* [Aim of the exercise] In the entries below, find each line with the word "subst" and return it.

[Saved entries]
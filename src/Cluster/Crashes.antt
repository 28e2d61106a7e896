-- ===== src/Cluster/Crashes.antt =====
-- `CrashChecker` of demos/resilience-demo/lib/control.py: the thread that ends a cluster when one of
-- its runners has crashed.
use wallaroo.Base.{◌≡◌, ap, ◌∙◌, List, [], ◌∷◌, ◌++◌, All, Result, ok, err, cluster_error}
use wallaroo.Cluster.{Runner, View, get_crashed_workers}
use wallaroo.Cluster.Exit.{Session, Views, raise_from_error}

-- What a round does with the crashed workers; an error of `get_crashed_workers` ends the thread.
abbrev pub after_crashes :
    Views
    → Session
    → Result (List Runner)
    → Result (Unit {0}) × Session
    → Result (Unit {0}) × Session
after_crashes v s (err e) more = (err e, s)
after_crashes v s (ok []) more = more
after_crashes v s (ok (r ∷ rs)) more = raise_from_error v cluster_error s

-- `CrashChecker.run`, over what the runners do at each round; the cluster is as it was between them.
unfoldable pub crash_checker : Views → List View → Session → Result (Unit {0}) × Session
unfolding get_crashed_workers raise_from_error
crash_checker v [] s = (ok tt, s)
crash_checker v (view ∷ rounds) s =
    after_crashes v s (get_crashed_workers view s.cluster) (crash_checker v rounds s)

-- The first round that finds crashed workers hands a ClusterError to `raise_from_error`, if no round
-- before it found one or raised, and nothing else is done to the cluster.
pub crash_checker-raise_from_error :
    (v : Views) (s : Session) (before : List View) (view : View) (rest : List View) (r : Runner)
    → (rs : List Runner) → All (λ view. get_crashed_workers view s.cluster ≡ ok []) before
    → get_crashed_workers view s.cluster ≡ ok (r ∷ rs)
    → crash_checker v (before ++ view ∷ rest) s ≡ raise_from_error v cluster_error s
unfolding crash_checker
crash_checker-raise_from_error v s [] view rest r rs clean crashed =
    ap (λ o. after_crashes v s o (crash_checker v rest s)) crashed
crash_checker-raise_from_error v s (b ∷ before) view rest r rs (c, clean) crashed =
    ap (λ o. after_crashes v s o (crash_checker v (before ++ view ∷ rest) s)) c
    ∙ crash_checker-raise_from_error v s before view rest r rs clean crashed
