-- ===== src/Cluster/Exit/Clean.antt =====
-- What the end of a cluster has seen to.
use wallaroo.Base.{ℕ, ◌+◌, ◌≡◌, refl, sym, ap, ◌∙◌, Bool, true, false, Option, none, List, [], ◌∷◌}
use wallaroo.Base.{◌++◌, map, All, if◌then◌else◌, Error, Result, ok, err, >>=-eq-ok, arith}
use mathlib.Core.Path.{subst}
use wallaroo.Cluster.{Runner, Cluster, View, Code, poll, is_alive, stops_process}
use wallaroo.Cluster.Counting.{count, count-append}
use wallaroo.Cluster.Exit.{
  Session, Popped, pop_workers, pop_one, any_bad, bad_exit, raise_if, some_alive, judge, Views,
  exit, exit_stopped, leave, finalize, clean_up, finish, runner_data_of, RunnerData, reverse_onto,
  popped_session, stop_background_threads, calls,
}

-- Workers that were all popped.
record Emptied (ws dead : List Runner) (p : Popped) : Type 0 where
  none_left : p.left ≡ []
  all_kept : (n : ℕ) → count n p.alive + count n p.dead ≡ count n ws + count n dead

pop_workers-Emptied :
    (view : View) (ws dead : List Runner)
    → (pop_workers view ws dead).result ≡ ok tt
    → Emptied ws dead (pop_workers view ws dead)
unfolding pop_workers count
pop_workers-Emptied view [] dead h = record { none_left = refl; all_kept = λ n. refl }
pop_workers-Emptied view (w ∷ ws) dead h =
    go (is_alive (view w)) h (pop_workers-Emptied view ws dead)
      (pop_workers-Emptied view ws (dead ++ w ∷ []))
  where
    go :
        (o : Result Bool)
        → (pop_one w ws o dead (pop_workers view ws)).result ≡ ok tt
        → ((pop_workers view ws dead).result ≡ ok tt → Emptied ws dead (pop_workers view ws dead))
        → ((pop_workers view ws (dead ++ w ∷ [])).result ≡ ok tt
            → Emptied ws (dead ++ w ∷ []) (pop_workers view ws (dead ++ w ∷ [])))
        → Emptied (w ∷ ws) dead (pop_one w ws o dead (pop_workers view ws))
    go (err e) h alive gone = cc
    go (ok true) h alive gone =
        let ih = alive h in
        record { none_left = ih.none_left; all_kept = λ n. omega (arith, ih.all_kept n) }
    go (ok false) h alive gone =
        let ih = gone h in
        record {
          none_left = ih.none_left;
          all_kept = λ n. omega (arith, ih.all_kept n, count-append n dead (w ∷ []));
        }

-- A runner that exited with a code that is not bad.
abbrev pub Clean : View → Runner → Type 0
Clean view r = (code : Option Code) × (poll (view r) ≡ ok code) × (bad_exit code ≡ false)

both_false :
    (b rest : Bool) → ok (if b then true else rest) ≡ ok false → (b ≡ false) × (rest ≡ false)
both_false true rest h = cc
both_false false true h = cc
both_false false false h = (refl, refl)

any_bad-Clean : (view : View) (rs : List Runner) → any_bad view rs ≡ ok false → All (Clean view) rs
unfolding any_bad
any_bad-Clean view [] h = tt
any_bad-Clean view (r ∷ rs) h =
    let (code, polled, more) = >>=-eq-ok (poll (view r)) _ h in
    let (rest, others, last) = >>=-eq-ok (any_bad view rs) _ more in
    let (good, rest_good) = both_false (bad_exit code) rest last in
    ((code, polled, good), any_bad-Clean view rs (others ∙ ap ok rest_good))

judge-Clean :
    (view : View) (p : Popped)
    → judge view p ≡ ok tt
    → (p.result ≡ ok tt) × (p.alive ≡ []) × All (Clean view) p.dead
judge-Clean view p h =
    let (popped, emptied, more) = >>=-eq-ok p.result _ h in
    let (gone, none_alive, checked) = >>=-eq-ok (raise_if (some_alive p.alive)) _ more in
    let (bad, asked, last) = >>=-eq-ok (any_bad view p.dead) _ checked in
    (
      emptied,
      no_alive p.alive none_alive,
      any_bad-Clean view p.dead (asked ∙ ap ok (not_bad bad last)),
    )
  where
    no_alive : {x : Unit {0}} (rs : List Runner) → raise_if (some_alive rs) ≡ ok x → rs ≡ []
    no_alive [] h = refl
    no_alive (r ∷ rs) h = cc

    not_bad : (b : Bool) → raise_if b ≡ ok tt → b ≡ false
    not_bad true h = cc
    not_bad false h = refl

count-reverse_onto :
    (n : ℕ) (rs acc : List Runner) → count n (reverse_onto rs acc) ≡ count n rs + count n acc
unfolding count
count-reverse_onto n [] acc = omega arith
count-reverse_onto n (r ∷ rs) acc = omega (arith, count-reverse_onto n rs (r ∷ acc))

finish-cluster : (o : Result (List RunnerData)) (s : Session) → (finish o s).1.cluster ≡ s.cluster
finish-cluster (err e) s = refl
finish-cluster (ok rs) s = refl

-- `__finally__` leaves the lists of the workers.
finalize_keeps :
    (view : View) (s : Session)
    → ((finalize view s).1.cluster.workers ≡ s.cluster.workers)
      × ((finalize view s).1.cluster.dead_workers ≡ s.cluster.dead_workers)
unfolding finalize stop_background_threads
finalize_keeps view s = go s.finalized
  where
    stopped : Session
    stopped = stop_background_threads none s

    go :
        (b : Bool)
        → ((if b then (ok tt, stopped) else clean_up view stopped).1.cluster.workers
            ≡ s.cluster.workers)
          × ((if b then (ok tt, stopped) else clean_up view stopped).1.cluster.dead_workers
              ≡ s.cluster.dead_workers)
    go true = (refl, refl)
    go false =
        let same_cluster = finish-cluster (runner_data_of view s.cluster.runners) _ in
        (
          ap (λ (c : Cluster). c.workers) same_cluster,
          ap (λ (c : Cluster). c.dead_workers) same_cluster,
        )

finalize_done :
    (view : View) (s : Session) → (finalize view s).0 ≡ ok tt → (finalize view s).1.finalized ≡ true
unfolding finalize stop_background_threads
finalize_done view s h = go s.finalized refl h
  where
    stopped : Session
    stopped = stop_background_threads none s

    finished :
        (o : Result (List RunnerData)) (x : Session)
        → (finish o x).0 ≡ ok tt
        → (finish o x).1.finalized ≡ true
    finished (err e) x h = cc
    finished (ok rs) x h = refl

    go :
        (b : Bool)
        → s.finalized ≡ b
        → (if b then (ok tt, stopped) else clean_up view stopped).0 ≡ ok tt
        → (if b then (ok tt, stopped) else clean_up view stopped).1.finalized ≡ true
    go true e h = e
    go false e h = finished (runner_data_of view s.cluster.runners) _ h

-- No workers are left, every one of them is among the dead workers, none of whom has exited with a
-- bad code, and the cluster has exited and is finalized.
abbrev pub Left : Views → Session → Session → Type 0
Left v s s' =
    (s'.cluster.workers ≡ [])
    × ((n : ℕ)
        → count n s'.cluster.dead_workers
          ≡ count n s.cluster.workers + count n s.cluster.dead_workers)
    × All (Clean v.at_codes) s'.cluster.dead_workers
    × (s'.exited ≡ true)
    × (s'.finalized ≡ true)

-- An `__exit__` of a cluster that has not exited, if it returns, leaves no workers: every one of them
-- is among the dead workers, none of whom has exited with a bad code. The cluster has then exited.
pub exit-Clean :
    (v : Views) (e : Option Error) (s s' : Session)
    → s.exited ≡ false
    → exit v e s ≡ (ok tt, s')
    → Left v s s'
unfolding exit stop_background_threads count
exit-Clean v e s s' fresh h =
    let st = stop_background_threads e s in
    let p = pop_workers v.at_join (reverse_onto s.cluster.workers []) s.cluster.dead_workers in
    let x = popped_session p (
      calls (map stops_process s.cluster.workers ++ map stops_process s.cluster.dead_workers) st) in
    go p (pop_workers-Emptied v.at_join (reverse_onto s.cluster.workers []) s.cluster.dead_workers)
      (finalize v.at_end x) (finalize_keeps v.at_end x) (finalize_done v.at_end x)
      (sym (ap (λ b. if b then (ok tt, s) else exit_stopped v st) fresh) ∙ h)
  where
    go :
        (p : Popped)
        → (p.result ≡ ok tt → Emptied (reverse_onto s.cluster.workers []) s.cluster.dead_workers p)
        → (o : Result (Unit {0}) × Session)
        → (o.1.cluster.workers ≡ reverse_onto p.left []) × (o.1.cluster.dead_workers ≡ p.dead)
        → (o.0 ≡ ok tt → o.1.finalized ≡ true)
        → leave (judge v.at_codes p) o ≡ (ok tt, s')
        → Left v s s'
    go p emptied (err raised, s4) keeps done q = cc
    go p emptied (ok x, s4) keeps done q =
        let (popped, none_alive, clean) =
          judge-Clean v.at_codes p (ap (λ (o : Result (Unit {0}) × Session). o.0) q) in
        let all = emptied popped in
        subst (Left v s) (ap (λ (o : Result (Unit {0}) × Session). o.1) q) (
          keeps.0 ∙ ap (λ l. reverse_onto l []) all.none_left,
          λ n. rw keeps.1 (
              omega (
                arith,
                all.all_kept n,
                ap (count n) none_alive,
                count-reverse_onto n s.cluster.workers [],
              )),
          subst (All (Clean v.at_codes)) (sym keeps.1) clean,
          refl,
          done refl,
        )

* [Problem solution]
use mathlib.Core.Path.{subst}
        subst (Left v s) (ap (λ (o : Result (Unit {0}) × Session). o.1) q) (
          subst (All (Clean v.at_codes)) (sym keeps.1) clean,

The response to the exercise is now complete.